Les guerres ne favorisent pas l'activité artistique et c'est en 1922 que la première grande manifestation de la société aura lieu en collaboration avec le Werkbund : Première Exposition nationale d’art appliqué, organisée par l'Oeuvre et le Werkbund Suisse — Lausanne — Halle du Comptoir suisse du 6 mai au 25 juin. Le catalogue montre l’ampleur du mouvement: près de 300 exposants dont des groupements tels que les Cahiers Vaudois, le Théâtre du Jorat, sept écoles d'art et des artistes tels qu’Auberjonois et Vallotton. En 1925 l'Oeuvre participe activement au Pavillon suisse de l'Exposition des arts décoratifs à Paris.

On peut se demander si l’idée qui présidait à la création de l’Oeuvre n’allait pas se transformer et s'éloigner de l'esprit de ses fondateurs. L’idée était allemande. Il règne en pays germanique un sens de la collaboration entre l'artiste et l'industrie qui est beaucoup moins tangible en terre latine. La Suisse romande est tournée vers Paris et les combats artistiques sont en France affaire de chapelles. Une chapelle est toujours en rupture avec ce qui existe autour d'elle et à titre d'exemple on peut citer le mouvement surréaliste.

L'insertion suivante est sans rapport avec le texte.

-- ===== src/ImageBuilder.antt =====
-- The actions of the image builder, internal/exp/image-builder/action. Logging, and the output that
-- commands print, are left out.
pub mod Publish
pub mod Export
pub mod Stages
pub mod Commands
pub mod Builds
use cluster_api_provider_inc.Prelude.{
  ℕ, zero, suc, String, Bool, List, [], ◌∷◌, ◌++◌, length, ◌==◌, if◌then◌else◌,
}
use cluster_api_provider_inc.Text.{◌<>◌, quote, decimal}
use cluster_api_provider_inc.Errors.{Result, ok, err, errorf, wrapf}
use cluster_api_provider_inc.Action
use cluster_api_provider_inc.Action.{◌>>=◌, ◌>>◌, pure, lift, attempt, wrapping}
use cluster_api_provider_inc.Launch.{LaunchOptions, FileArgs, with_devices}
use cluster_api_provider_inc.Client.{Client, server_of, run_command}
use cluster_api_provider_inc.Client.Launching.{wait_for_launch_instance}
use cluster_api_provider_inc.Client.Stop.{wait_for_stop_instance, wait_for_delete_instance}

-- Action
abbrev pub BuildAction : Type 0 → Type 0 → Type 0
BuildAction W Op = Client W Op → Action.Action W (Unit {0})

-- What is read of api.StoragePool
pub record Pool : Type 0 where
  pub name : String
  pub status : String

-- The loop over the pools: each pool that was created becomes the pool of the root volume.
unfoldable pub with_root_pool : List Pool → LaunchOptions → LaunchOptions
unfolding with_devices
with_root_pool [] o = o
with_root_pool (pool ∷ pools) o = with_root_pool pools (
    if pool.status == "Created"
    then with_devices
        (("root", ("type", "disk") ∷ ("pool", pool.name) ∷ ("path", "/") ∷ ("size", "5GiB") ∷ [])
          ∷ [])
        o
    else o)

module _ {W Op : Type 0} where
  -- The loop of Chain, with the index of the next action and the number of all.
  unfoldable pub chain_from : ℕ → ℕ → List (BuildAction W Op) → BuildAction W Op
  unfolding decimal
  chain_from idx n [] c = pure tt
  chain_from idx n (action ∷ actions) c = do
    wrapping ("action " <> decimal idx <> "/" <> decimal n <> " failed: ") (action c)
    chain_from (suc idx) n actions c

  -- Chain
  unfoldable pub chain : List (BuildAction W Op) → BuildAction W Op
  unfolding chain_from
  chain actions = chain_from 0 (length actions) actions

  -- The wait for the instance's agent: a command each second, as often as there is time for.
  unfoldable pub wait_for_agent : ℕ → String → BuildAction W Op
  unfolding run_command
  wait_for_agent zero name c = lift (err (errorf "timed out after 5 minutes"))
  wait_for_agent (suc rounds) name c = do
    r ← attempt (run_command c name ("echo" ∷ "hi" ∷ []))
    done_or (wait_for_agent rounds name c) r
    where
      done_or : Action.Action W (Unit {0}) → Result (Unit {0}) → Action.Action W (Unit {0})
      done_or next (ok u) = pure tt
      done_or next (err e) = next

  -- LaunchInstance, where GetStoragePools is a parameter
  unfoldable pub launch_instance :
      (Client W Op → Action.Action W (List Pool)) → ℕ → String → LaunchOptions → BuildAction W Op
  unfolding with_root_pool wait_for_launch_instance wait_for_agent
  launch_instance get_storage_pools rounds name o c = do
    pools ← wrapping "failed to list storage pools: " (get_storage_pools c)
    wrapping "failed to launch instance: "
        (wait_for_launch_instance c name (with_root_pool pools o))
    wrapping "failed to wait for instance agent to come up: " (wait_for_agent rounds name c)

  -- StopInstance
  unfoldable pub stop_instance : String → BuildAction W Op
  unfolding wait_for_stop_instance
  stop_instance name c = wrapping "failed to stop instance: " (wait_for_stop_instance c name)

  -- DeleteInstance
  unfoldable pub delete_instance : String → BuildAction W Op
  unfolding wait_for_delete_instance
  delete_instance name c = wrapping "failed to delete instance: " (wait_for_delete_instance c name)

  -- ExecInstance; the script is the standard input of the command
  unfoldable pub exec_instance : String → String → List String → BuildAction W Op
  unfolding run_command
  exec_instance name script args c =
      wrapping "failed to run script: " (run_command c name (("bash" ∷ "-s" ∷ "--" ∷ []) ++ args))

  -- CopyInstanceFile, with os.Create and the writing of the local file
  unfoldable pub copy_instance_file :
      (String → Action.Action W (Unit {0}))
      → (String → String → Action.Action W (Unit {0}))
      → String
      → String
      → String
      → BuildAction W Op
  copy_instance_file create write name instance_file output_file c = do
    wrapping "failed to create output file: " (create output_file)
    file ←
        wrapping
          ("failed to read file " <> quote instance_file <> " from instance " <> quote name <> ": ")
          ((server_of c).get_instance_file name instance_file)
    wrapping "failed to copy file: " (write output_file file.content)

Les décorateurs français ont leur style et il est souvent lié à des aspects anecdotiques de la vie. Le rôle des chapelles est justement de lutter, souvent avec désespoir, contre ces tendances éloignées d'un art expressif ou fonctionnel. Les potiers, les bijoutiers, les tapissiers, etc. genevois subissaient l'influence des artistes décorateurs parisiens. On rencontre d'ailleurs parfois des ouvrages de qualité dans cette production, mais il est difficile de dire qu’elle correspondait à l'esprit des fondateurs de l’OEV.

Le seul à être resté fidèle aux origines est bien Le Corbusier. En France et en Suisse il demeurait suspect. Le mérite du Werkbund est d'avoir créé une section « Die gute Form » pour lutter contre l’art décoratif et cette réaction prouve qu’il connaissait des

difficultés analogues à celles de l’Oeuvre.

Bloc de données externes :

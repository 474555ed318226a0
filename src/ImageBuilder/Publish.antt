-- ===== src/ImageBuilder/Publish.antt =====
-- PublishImage of internal/exp/image-builder/action/action_image_publish.go.
use cluster_api_provider_inc.Prelude.{
  false, true, ℕ, String, Bool, ◌&&◌, some, [], ◌∷◌, ◌==◌, ltb, if◌then◌else◌,
}
use cluster_api_provider_inc.Text.{◌<>◌, quote}
use cluster_api_provider_inc.Maps.{GoMap}
use cluster_api_provider_inc.Errors.{Result, ok, err}
use cluster_api_provider_inc.Action.{Action, ◌>>=◌, ◌>>◌, pure, attempt, wrapping}
use cluster_api_provider_inc.Images.{container}
use cluster_api_provider_inc.Incus.{ImageAlias, InstanceInfo, ImagesPost}
use cluster_api_provider_inc.Client.{Client, server_of, wait_for_operation}

-- PublishImageInfo
pub record PublishImageInfo : Type 0 where
  pub name : String
  pub operating_system : String
  pub release : String
  pub variant : String
  pub lxc_require_cgroupv2 : Bool

-- time.Now, the serial that is printed of a time, AddDate(10, 0, 0) and runtime.GOARCH
pub record Clock (W : Type 0) : Type 0 where
  pub now : Action W ℕ
  pub serial : ℕ → String
  pub in_ten_years : ℕ → ℕ
  pub architecture : String

-- The properties of the image.
unfoldable pub image_properties : String → String → PublishImageInfo → InstanceInfo → GoMap String
image_properties architecture serial info instance_info =
    ("architecture", architecture)
    ∷ ("name", info.name)
    ∷ ("description", info.name <> " (" <> serial <> ")")
    ∷ ("os", info.operating_system)
    ∷ ("release", info.release)
    ∷ ("variant", info.variant)
    ∷ ("serial", serial)
    ∷ (if info.lxc_require_cgroupv2 && instance_info.kind == container
        then ("requirements.cgroupv2", "true") ∷ []
        else [])

unfoldable pub publish_post : String → String → GoMap String → ℕ → ImagesPost
publish_post instance_name alias properties expires_at = record {
  source = record {
    image = record { alias = ""; protocol = ""; server = "" };
    kind = "instance";
    fingerprint = "";
    name = instance_name;
  };
  properties = properties;
  is_public = true;
  expires_at = some expires_at;
  aliases = alias ∷ [];
}

-- Whether the image of an alias is newer than the instance was last used.
abbrev newer : InstanceInfo → Result ℕ → Bool
newer i (ok created_at) = ltb i.last_used_at created_at
newer i (err e) = false

module _ {W Op : Type 0} (clock : Clock W) (c : Client W Op) where
  -- Create the image.
  unfoldable pub publish : String → String → PublishImageInfo → InstanceInfo → Action W (Unit {0})
  unfolding wait_for_operation image_properties publish_post
  publish instance_name alias info i = do
    now ← clock.now
    later ← clock.now
    wait_for_operation c "PublishImage" (
        (server_of c).create_image (
          publish_post instance_name alias
            (image_properties clock.architecture (clock.serial now) info i)
            (clock.in_ten_years later)))

  -- Delete the existing alias, unless its image is newer.
  abbrev pub replace_alias :
      String → InstanceInfo → Action W (Unit {0}) → Result ℕ → Action W (Unit {0})
  replace_alias alias i go created_at = if newer i created_at then pure tt else (do
    wrapping ("failed to delete existing image alias " <> quote alias <> ": ")
        ((server_of c).delete_image_alias alias)
    go)

  abbrev pub with_alias :
      String → InstanceInfo → Action W (Unit {0}) → Result ImageAlias → Action W (Unit {0})
  with_alias alias i go (err e) = go
  with_alias alias i go (ok entry) = do
    created_at ← attempt ((server_of c).get_image_created_at entry.target)
    replace_alias alias i go created_at

  -- PublishImage
  unfoldable pub publish_image : String → String → PublishImageInfo → Action W (Unit {0})
  unfolding publish
  publish_image instance_name alias info = do
    i ← wrapping "failed to get instance: " ((server_of c).get_instance instance_name)
    found ← attempt ((server_of c).get_image_alias alias)
    with_alias alias i (publish instance_name alias info i) found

Toutefois, la vie de l'association fut très active durant cinquante ans: organisation de concours, expositions, commissions diverses, participation à la Triennale de Milan. Les traces de ces activités figureront à l'exposition du cinquantenaire qui se tiendra lors de l'assemblée générale de 1963.

Ce cinquantenaire a conduit le Conseil de direction à une réflexion sur l'avenir de l'association. Depuis 1913 la Suisse s'est transformée, les artisans pour survivre doivent devenir artistes ou industriels, et les industriels, pour se développer, faire appel à un appareil de production planifié.

L'événement considérable est la transformation des masses. Cette métamorphose déconcerte par sa rapidité. L'enseignement se démocratise et les loisirs sont liés à des formes très diverses d'éducation. La télévision et la radio jouent dans cette évolution un rôle de premier plan dans les villes et dans les campagnes. La télévision est un prodigieux instrument pour la diffusion de l’image et celle-ci pénètre partout. Rien n'est plus actuel pour l'artiste et l’industriel.

Le cinquantenaire de l'Oeuvre sera donc l’occasion d’informer les membres de l’association de ces questions.

Le professeur Rieben parlera de l'évolution économique de la Suisse, sous le titre: Perspectives européennes.

Catherine Valogne, écrivain et journaliste à Paris posera la question: l'architecture moderne est-elle une science ? est-elle un art?

Jean Lescure de la RTF exposera ce que la télévision peut attendre de l'artiste, que celui-ci soit peintre, graphiste ou musicien.

Son titre est: Images sans art et mauvaise image de l’art; la TV découvrira-t-elle un nouvel art de l'image?

Cette assemblée du cinquantenaire sera donc une preuve de la vitalité d'une association qui évolue avec son temps.